● **Required action**: Find the lines of the material below that include the string "unfolding", then copy each one.

● **Dataset records**:
################

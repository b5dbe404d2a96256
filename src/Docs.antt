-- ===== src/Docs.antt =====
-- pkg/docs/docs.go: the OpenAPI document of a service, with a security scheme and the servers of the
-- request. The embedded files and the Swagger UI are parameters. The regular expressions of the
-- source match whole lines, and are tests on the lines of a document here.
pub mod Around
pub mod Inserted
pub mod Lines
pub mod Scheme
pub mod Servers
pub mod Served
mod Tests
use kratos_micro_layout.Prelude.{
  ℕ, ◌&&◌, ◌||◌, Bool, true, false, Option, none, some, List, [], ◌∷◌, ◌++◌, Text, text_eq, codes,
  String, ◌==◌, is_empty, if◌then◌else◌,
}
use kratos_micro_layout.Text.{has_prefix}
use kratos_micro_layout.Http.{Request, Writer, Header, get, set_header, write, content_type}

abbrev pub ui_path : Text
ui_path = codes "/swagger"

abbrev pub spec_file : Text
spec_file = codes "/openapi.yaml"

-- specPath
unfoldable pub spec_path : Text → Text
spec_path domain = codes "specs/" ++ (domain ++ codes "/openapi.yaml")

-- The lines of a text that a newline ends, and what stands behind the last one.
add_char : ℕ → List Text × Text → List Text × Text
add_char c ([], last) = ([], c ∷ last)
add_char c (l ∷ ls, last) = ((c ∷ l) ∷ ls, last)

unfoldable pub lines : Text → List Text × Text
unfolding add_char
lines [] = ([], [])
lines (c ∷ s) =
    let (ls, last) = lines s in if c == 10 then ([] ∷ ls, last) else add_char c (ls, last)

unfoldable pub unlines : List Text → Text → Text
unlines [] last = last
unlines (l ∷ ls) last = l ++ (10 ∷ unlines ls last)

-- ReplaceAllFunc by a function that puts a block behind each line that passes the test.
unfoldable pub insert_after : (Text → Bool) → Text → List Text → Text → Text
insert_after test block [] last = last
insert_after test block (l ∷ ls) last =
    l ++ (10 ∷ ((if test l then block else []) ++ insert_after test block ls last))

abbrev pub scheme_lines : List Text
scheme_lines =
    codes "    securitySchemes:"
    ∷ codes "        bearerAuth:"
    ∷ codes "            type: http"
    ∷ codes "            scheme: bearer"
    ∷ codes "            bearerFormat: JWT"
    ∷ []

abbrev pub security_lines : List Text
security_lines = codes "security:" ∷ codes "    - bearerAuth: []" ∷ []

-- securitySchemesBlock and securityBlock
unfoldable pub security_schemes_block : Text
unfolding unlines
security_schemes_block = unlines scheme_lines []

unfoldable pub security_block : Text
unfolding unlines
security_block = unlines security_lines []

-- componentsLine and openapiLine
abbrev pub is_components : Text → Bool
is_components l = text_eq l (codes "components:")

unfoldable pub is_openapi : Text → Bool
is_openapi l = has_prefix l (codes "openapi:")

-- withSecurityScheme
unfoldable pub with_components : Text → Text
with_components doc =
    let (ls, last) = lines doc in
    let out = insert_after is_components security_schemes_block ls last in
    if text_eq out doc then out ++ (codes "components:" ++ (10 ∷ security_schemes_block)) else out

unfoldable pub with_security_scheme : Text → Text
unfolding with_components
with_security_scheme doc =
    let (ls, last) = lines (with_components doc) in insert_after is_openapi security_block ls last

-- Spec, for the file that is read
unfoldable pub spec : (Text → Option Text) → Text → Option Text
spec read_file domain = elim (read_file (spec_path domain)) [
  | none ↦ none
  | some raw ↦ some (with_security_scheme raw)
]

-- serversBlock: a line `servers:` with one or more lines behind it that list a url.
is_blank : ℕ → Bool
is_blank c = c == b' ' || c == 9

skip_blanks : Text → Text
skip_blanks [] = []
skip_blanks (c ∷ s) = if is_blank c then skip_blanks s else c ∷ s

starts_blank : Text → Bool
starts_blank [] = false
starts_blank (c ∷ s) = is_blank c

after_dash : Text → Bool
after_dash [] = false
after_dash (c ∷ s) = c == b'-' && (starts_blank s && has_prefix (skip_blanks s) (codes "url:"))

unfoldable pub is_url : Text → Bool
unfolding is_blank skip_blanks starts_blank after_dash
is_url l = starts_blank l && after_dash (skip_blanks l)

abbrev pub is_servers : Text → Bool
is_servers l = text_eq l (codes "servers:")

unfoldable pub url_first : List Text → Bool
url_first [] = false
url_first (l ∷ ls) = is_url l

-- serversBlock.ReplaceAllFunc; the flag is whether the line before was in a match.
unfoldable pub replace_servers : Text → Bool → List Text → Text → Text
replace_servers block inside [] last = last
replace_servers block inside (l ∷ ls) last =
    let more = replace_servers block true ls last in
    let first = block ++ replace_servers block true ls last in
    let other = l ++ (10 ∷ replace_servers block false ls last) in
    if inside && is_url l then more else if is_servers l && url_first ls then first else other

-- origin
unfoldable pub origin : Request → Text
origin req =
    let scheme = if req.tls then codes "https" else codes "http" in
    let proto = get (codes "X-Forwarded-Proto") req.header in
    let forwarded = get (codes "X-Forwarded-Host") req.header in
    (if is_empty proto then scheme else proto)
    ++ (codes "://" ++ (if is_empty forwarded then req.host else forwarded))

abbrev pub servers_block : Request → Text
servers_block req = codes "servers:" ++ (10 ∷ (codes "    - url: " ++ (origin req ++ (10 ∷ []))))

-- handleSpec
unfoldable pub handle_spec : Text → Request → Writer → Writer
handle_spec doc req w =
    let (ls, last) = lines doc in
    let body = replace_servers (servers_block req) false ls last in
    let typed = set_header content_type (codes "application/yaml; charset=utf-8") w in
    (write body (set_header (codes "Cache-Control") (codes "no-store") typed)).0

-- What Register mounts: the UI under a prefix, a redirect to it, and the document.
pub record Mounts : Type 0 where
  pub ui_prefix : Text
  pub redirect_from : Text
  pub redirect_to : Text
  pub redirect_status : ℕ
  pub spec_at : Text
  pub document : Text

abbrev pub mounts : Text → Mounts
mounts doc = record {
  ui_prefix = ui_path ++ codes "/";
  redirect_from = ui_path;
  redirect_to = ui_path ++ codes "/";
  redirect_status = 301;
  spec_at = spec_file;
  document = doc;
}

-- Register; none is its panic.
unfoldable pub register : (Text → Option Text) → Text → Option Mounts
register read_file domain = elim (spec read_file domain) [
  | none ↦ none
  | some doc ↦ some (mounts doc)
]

################

● **Written solution**:
unfolding add_char
unfolding unlines
unfolding unlines
unfolding with_components
unfolding is_blank skip_blanks starts_blank after_dash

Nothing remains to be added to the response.